Não procure mais por mim, se até agora não encontrou nada é por que nunca vai encontrar, talvez nem deva, mas é provavel que não queira mesmo. Assim dessa forma eu agradeço que nao saiba de nada, por que não perdi tempo te mostrando coisas minhas, posso ter visto quem você é, e marcado fundo em mim. Mas não te mostrei quem eu sou e nem deixei marcas. Assim eu posso ir sem deixar nada, só levo comigo o que é precioso e que vai durar o tempo necessario até sicatrizar.

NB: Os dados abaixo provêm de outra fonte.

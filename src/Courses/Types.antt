-- ===== src/Courses/Types.antt =====
-- backend/src/lms/modules/courses/types.py
use lawrence_ai_lms.Prelude.{ℕ, String, Bool, true, false, Option, List}
use lawrence_ai_lms.Json.{JsonObject}
use lawrence_ai_lms.Learning.Types.{Uuid, Datetime}

pub data CourseStatus : Type 0 where
  draft under_review changes_requested approved scheduled published withdrawn archived :
      CourseStatus

pub data OriginType : Type 0 where
  manual ai_assisted : OriginType

pub data ReviewerPolicy : Type 0 where
  self_review_allowed separate_reviewer_required : ReviewerPolicy

pub data PrincipalType : Type 0 where
  user ai worker service provider privileged_operator : PrincipalType

pub data Transition : Type 0 where
  submit_review request_changes approve publish withdraw archive : Transition

pub data ReviewDecision : Type 0 where
  changes_requested approved : ReviewDecision

pub record Course : Type 0 where
  pub id : Uuid
  pub tenant_id : Uuid
  pub slug : String
  pub reviewer_policy : ReviewerPolicy
  pub current_published_version_id : Option Uuid
  pub instructor_membership_ids : List Uuid
  pub row_version : ℕ

pub record CourseVersion : Type 0 where
  pub id : Uuid
  pub tenant_id : Uuid
  pub course_id : Uuid
  pub predecessor_version_id : Option Uuid
  pub version_number : ℕ
  pub status : CourseStatus
  pub origin_type : OriginType
  pub primary_locale : String
  pub title : String
  pub description : String
  pub content_hash : String
  pub submitted_hash : Option String
  pub approved_hash : Option String
  pub row_version : ℕ

pub record RichTextBlock : Type 0 where
  pub id : Uuid
  pub tenant_id : Uuid
  pub course_version_id : Uuid
  pub lesson_id : Uuid
  pub kind : String
  pub position : ℕ
  pub row_version : ℕ
  pub document : JsonObject

pub record Lesson : Type 0 where
  pub id : Uuid
  pub tenant_id : Uuid
  pub course_version_id : Uuid
  pub section_id : Uuid
  pub title : String
  pub position : ℕ
  pub is_required : Bool
  pub row_version : ℕ
  pub content_blocks : List RichTextBlock

pub record CurriculumSection : Type 0 where
  pub id : Uuid
  pub tenant_id : Uuid
  pub course_version_id : Uuid
  pub title : String
  pub position : ℕ
  pub row_version : ℕ
  pub lessons : List Lesson

pub record CourseReview : Type 0 where
  pub id : Uuid
  pub tenant_id : Uuid
  pub course_version_id : Uuid
  pub decision : ReviewDecision
  pub reviewed_hash : String
  pub reviewer_id : Uuid
  pub self_review : Bool
  pub reason_codes : List String
  pub decided_at : Datetime

-- The field `schema_uri` is the constant `SNAPSHOT_SCHEMA_URI`.
pub record CourseSnapshot : Type 0 where
  pub course : Course
  pub version : CourseVersion
  pub sections : List CurriculumSection
  pub latest_review : Option CourseReview
  pub schema_uri : String

pub record CourseAggregate : Type 0 where
  pub course : Course
  pub version : CourseVersion
  pub sections : List CurriculumSection
  pub latest_review : Option CourseReview
  pub submitted_by_actor_id : Option Uuid

abbrev pub snapshot_schema_uri : String
snapshot_schema_uri = "https://contracts.ai-lms.local/f002/canonical-course.v1.schema.json"

-- `CourseAggregate.snapshot`
abbrev pub snapshot : CourseAggregate → CourseSnapshot
snapshot a = record {
  course = a.course;
  version = a.version;
  sections = a.sections;
  latest_review = a.latest_review;
  schema_uri = snapshot_schema_uri;
}

pub record AuthorizedActor : Type 0 where
  pub principal_id : Uuid
  pub tenant_id : Uuid
  pub membership_id : Option Uuid
  pub principal_type : PrincipalType
  pub permissions : List String

pub record TransitionDecision : Type 0 where
  pub target_status : CourseStatus
  pub required_permission : String
  pub self_review : Bool

-- `version.status in {DRAFT, CHANGES_REQUESTED}`
abbrev pub is_mutable : CourseStatus → Bool
is_mutable CourseStatus.draft = true
is_mutable CourseStatus.changes_requested = true
is_mutable _ = false

abbrev pub is_user : PrincipalType → Bool
is_user user = true
is_user _ = false

abbrev pub separates_reviewers : ReviewerPolicy → Bool
separates_reviewers self_review_allowed = false
separates_reviewers separate_reviewer_required = true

Não olho para trás, por que quero apenas as lembranças dos sorrisos e dos momentos felizes, e por não ter chorado antes, não quero ter motivos para chorar agora. No meio de tantas tralhas eu levo comigo a saudade, parceira que o tempo não me levou.

Eu tô indo embora...

O vento já não era vento, era uma brisa, que carregava delicadamente fragmentos da minha vida, era fraco por que há muito soprava e não tinha mais o que levar embora, insistiu tempo demais em alguns pedaços e perdeu a força e a vontade de me vencer, entendeu por fim que só conseguiria aquilo que não tinha mais valor para mim. Compreendi tambem que foi dificil deixar algumas coisas irem assim, pois sem ter mais tempo de escolha deixei que fossem umas para poder ter outras, e que escolher assim, depois de ter me apegado tempo demais, doeu mais do que perde-las realmente, não foi perder que me deixou triste, mas nao ter mais aquilo que sempre esteve ali.
Aquela brisa agora me acompanhava insessantemente, como se resposavel por manter tudo caminhando, não deixando que nada ficasse comigo por muito tempo, e eu tinha somente que agradescer, pois mesmo aprendendo a deixar ir é sempre dificil ver partir.